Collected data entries
============
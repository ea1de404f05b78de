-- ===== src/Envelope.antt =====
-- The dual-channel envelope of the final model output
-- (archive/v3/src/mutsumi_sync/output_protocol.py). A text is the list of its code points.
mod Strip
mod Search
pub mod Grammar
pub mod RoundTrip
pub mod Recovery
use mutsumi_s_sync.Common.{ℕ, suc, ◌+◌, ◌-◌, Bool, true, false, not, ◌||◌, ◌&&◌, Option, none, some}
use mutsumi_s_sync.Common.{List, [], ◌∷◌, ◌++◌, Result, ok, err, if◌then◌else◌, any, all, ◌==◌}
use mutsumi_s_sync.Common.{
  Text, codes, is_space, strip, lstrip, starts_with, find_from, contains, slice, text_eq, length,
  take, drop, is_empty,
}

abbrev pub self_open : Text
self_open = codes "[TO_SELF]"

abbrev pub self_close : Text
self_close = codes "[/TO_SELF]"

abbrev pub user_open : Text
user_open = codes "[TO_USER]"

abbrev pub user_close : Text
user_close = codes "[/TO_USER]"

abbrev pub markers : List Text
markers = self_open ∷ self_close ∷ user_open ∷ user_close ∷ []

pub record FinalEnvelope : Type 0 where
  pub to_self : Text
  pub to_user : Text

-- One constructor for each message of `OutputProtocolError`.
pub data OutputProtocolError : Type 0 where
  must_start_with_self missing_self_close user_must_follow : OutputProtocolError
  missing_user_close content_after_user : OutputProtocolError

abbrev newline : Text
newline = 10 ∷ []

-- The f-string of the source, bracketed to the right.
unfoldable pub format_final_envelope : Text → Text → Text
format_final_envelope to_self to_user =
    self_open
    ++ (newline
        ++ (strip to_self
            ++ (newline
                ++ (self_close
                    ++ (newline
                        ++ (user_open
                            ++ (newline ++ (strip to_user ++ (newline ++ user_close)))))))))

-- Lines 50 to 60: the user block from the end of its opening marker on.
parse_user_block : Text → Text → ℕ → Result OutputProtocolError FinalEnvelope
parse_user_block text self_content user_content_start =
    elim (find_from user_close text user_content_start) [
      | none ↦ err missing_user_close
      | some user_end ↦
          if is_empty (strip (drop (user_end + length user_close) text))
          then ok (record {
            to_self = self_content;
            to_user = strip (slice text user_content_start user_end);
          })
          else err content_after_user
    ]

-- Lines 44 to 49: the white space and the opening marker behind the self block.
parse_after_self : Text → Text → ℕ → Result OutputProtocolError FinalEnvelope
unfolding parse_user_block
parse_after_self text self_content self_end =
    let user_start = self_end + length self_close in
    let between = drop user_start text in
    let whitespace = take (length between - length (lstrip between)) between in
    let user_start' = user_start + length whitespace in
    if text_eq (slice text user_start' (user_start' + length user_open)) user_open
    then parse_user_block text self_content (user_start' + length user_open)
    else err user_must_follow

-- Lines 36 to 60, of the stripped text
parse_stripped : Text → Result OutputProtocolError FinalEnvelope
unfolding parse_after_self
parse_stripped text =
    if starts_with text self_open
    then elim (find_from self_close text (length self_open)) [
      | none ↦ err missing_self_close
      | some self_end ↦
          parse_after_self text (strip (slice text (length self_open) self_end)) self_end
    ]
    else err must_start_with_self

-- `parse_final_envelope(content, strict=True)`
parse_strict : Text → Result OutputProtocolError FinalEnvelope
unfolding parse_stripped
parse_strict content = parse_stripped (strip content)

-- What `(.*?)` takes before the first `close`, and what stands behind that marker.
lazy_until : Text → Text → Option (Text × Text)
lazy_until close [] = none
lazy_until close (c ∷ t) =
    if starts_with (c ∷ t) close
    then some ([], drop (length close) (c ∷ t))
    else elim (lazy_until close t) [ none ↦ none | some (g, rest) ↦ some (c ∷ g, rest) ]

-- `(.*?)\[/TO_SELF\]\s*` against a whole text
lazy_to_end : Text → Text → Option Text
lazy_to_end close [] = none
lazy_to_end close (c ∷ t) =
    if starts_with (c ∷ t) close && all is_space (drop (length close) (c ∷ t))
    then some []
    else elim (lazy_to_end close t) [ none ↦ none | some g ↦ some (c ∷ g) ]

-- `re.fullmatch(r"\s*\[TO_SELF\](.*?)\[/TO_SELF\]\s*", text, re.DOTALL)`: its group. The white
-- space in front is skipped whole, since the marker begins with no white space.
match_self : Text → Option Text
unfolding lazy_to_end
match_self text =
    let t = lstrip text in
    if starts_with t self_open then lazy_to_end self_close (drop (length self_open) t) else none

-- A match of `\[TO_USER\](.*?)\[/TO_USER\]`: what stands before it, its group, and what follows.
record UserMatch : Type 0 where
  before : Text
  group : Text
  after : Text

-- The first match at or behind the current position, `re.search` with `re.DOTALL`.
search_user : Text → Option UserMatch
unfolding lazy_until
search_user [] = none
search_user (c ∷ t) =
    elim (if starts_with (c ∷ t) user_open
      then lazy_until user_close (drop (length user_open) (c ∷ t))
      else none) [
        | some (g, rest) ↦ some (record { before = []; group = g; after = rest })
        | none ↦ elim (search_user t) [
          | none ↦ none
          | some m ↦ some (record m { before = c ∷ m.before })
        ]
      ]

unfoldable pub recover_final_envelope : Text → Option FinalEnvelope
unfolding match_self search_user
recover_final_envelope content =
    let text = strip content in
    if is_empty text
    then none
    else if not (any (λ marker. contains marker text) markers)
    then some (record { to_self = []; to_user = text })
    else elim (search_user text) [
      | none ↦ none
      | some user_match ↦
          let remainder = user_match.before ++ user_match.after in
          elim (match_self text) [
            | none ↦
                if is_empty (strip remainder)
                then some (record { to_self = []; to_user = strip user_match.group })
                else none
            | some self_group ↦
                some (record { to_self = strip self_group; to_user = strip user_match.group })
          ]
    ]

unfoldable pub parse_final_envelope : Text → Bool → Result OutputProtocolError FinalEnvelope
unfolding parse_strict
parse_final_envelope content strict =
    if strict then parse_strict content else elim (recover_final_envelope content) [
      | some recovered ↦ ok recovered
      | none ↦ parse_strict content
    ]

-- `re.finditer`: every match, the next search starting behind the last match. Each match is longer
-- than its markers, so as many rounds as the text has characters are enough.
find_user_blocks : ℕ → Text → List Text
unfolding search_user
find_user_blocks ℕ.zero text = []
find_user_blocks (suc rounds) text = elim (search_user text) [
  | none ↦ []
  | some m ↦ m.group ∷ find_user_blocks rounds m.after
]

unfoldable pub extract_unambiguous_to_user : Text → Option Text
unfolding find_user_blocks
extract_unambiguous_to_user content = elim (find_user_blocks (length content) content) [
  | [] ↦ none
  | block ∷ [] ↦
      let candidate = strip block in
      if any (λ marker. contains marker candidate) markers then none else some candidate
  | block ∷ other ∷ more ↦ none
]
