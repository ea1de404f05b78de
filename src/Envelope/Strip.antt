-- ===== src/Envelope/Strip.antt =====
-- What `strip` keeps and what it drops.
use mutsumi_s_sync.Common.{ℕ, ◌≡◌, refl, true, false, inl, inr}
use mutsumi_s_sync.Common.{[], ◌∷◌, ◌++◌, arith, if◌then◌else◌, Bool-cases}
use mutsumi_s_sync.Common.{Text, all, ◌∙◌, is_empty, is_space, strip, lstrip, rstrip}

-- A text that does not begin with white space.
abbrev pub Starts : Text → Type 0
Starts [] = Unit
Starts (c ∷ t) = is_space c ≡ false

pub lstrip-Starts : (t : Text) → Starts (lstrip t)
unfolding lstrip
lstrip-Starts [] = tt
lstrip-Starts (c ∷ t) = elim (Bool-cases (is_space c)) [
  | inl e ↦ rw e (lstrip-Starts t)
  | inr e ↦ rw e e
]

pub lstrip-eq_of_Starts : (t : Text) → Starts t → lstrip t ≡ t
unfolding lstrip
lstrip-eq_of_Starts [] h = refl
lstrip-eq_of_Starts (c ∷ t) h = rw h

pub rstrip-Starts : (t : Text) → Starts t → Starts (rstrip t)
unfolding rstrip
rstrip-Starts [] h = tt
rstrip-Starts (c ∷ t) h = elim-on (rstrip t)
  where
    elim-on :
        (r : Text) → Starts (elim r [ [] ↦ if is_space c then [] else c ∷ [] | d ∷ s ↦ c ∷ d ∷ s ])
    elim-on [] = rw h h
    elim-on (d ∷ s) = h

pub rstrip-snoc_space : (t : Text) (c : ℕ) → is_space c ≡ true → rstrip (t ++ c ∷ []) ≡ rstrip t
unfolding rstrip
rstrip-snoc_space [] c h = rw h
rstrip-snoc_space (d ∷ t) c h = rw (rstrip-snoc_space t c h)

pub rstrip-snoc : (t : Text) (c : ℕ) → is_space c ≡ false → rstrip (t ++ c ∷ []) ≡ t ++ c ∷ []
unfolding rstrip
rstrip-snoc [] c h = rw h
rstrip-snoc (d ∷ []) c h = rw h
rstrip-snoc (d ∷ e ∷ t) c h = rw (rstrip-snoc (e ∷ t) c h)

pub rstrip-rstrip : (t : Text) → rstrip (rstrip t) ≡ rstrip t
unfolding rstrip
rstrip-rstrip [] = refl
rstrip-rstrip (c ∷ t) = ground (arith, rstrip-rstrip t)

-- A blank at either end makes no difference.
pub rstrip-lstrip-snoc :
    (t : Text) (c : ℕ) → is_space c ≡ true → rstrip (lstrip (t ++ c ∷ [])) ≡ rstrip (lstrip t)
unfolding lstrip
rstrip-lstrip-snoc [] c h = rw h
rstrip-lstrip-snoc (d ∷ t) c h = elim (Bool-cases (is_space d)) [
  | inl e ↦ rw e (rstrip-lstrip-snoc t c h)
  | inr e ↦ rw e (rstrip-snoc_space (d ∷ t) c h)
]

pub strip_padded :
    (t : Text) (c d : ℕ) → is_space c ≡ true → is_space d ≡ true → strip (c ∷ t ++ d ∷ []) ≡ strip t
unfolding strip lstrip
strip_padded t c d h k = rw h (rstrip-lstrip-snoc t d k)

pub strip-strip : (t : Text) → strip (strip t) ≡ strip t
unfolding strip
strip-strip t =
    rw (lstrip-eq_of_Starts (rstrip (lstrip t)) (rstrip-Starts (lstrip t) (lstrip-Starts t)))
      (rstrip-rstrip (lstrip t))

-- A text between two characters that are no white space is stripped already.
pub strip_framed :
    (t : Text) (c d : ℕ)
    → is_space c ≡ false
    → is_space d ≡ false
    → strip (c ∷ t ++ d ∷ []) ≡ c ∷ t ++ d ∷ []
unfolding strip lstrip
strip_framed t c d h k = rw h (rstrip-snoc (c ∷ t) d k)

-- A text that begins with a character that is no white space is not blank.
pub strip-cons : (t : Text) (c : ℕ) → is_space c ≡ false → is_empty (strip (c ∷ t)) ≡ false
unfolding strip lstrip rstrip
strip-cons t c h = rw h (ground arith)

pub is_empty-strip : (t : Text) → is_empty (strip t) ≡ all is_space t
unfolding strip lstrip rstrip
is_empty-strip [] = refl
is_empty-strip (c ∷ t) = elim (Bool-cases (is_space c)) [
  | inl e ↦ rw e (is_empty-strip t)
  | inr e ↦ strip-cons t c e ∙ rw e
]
============
The lines from the start of the entries above through the line containing "-- One constructor" are the ones to return, please; copy them exactly and include both ends.

*Task response*
repository ea1de404f05b78de
-- ===== src/Envelope.antt =====
-- The dual-channel envelope of the final model output
-- (archive/v3/src/mutsumi_sync/output_protocol.py). A text is the list of its code points.
mod Strip
mod Search
pub mod Grammar
pub mod RoundTrip
pub mod Recovery
use mutsumi_s_sync.Common.{ℕ, suc, ◌+◌, ◌-◌, Bool, true, false, not, ◌||◌, ◌&&◌, Option, none, some}
use mutsumi_s_sync.Common.{List, [], ◌∷◌, ◌++◌, Result, ok, err, if◌then◌else◌, any, all, ◌==◌}
use mutsumi_s_sync.Common.{
  Text, codes, is_space, strip, lstrip, starts_with, find_from, contains, slice, text_eq, length,
  take, drop, is_empty,
}

abbrev pub self_open : Text
self_open = codes "[TO_SELF]"

abbrev pub self_close : Text
self_close = codes "[/TO_SELF]"

abbrev pub user_open : Text
user_open = codes "[TO_USER]"

abbrev pub user_close : Text
user_close = codes "[/TO_USER]"

abbrev pub markers : List Text
markers = self_open ∷ self_close ∷ user_open ∷ user_close ∷ []

pub record FinalEnvelope : Type 0 where
  pub to_self : Text
  pub to_user : Text

-- One constructor for each message of `OutputProtocolError`.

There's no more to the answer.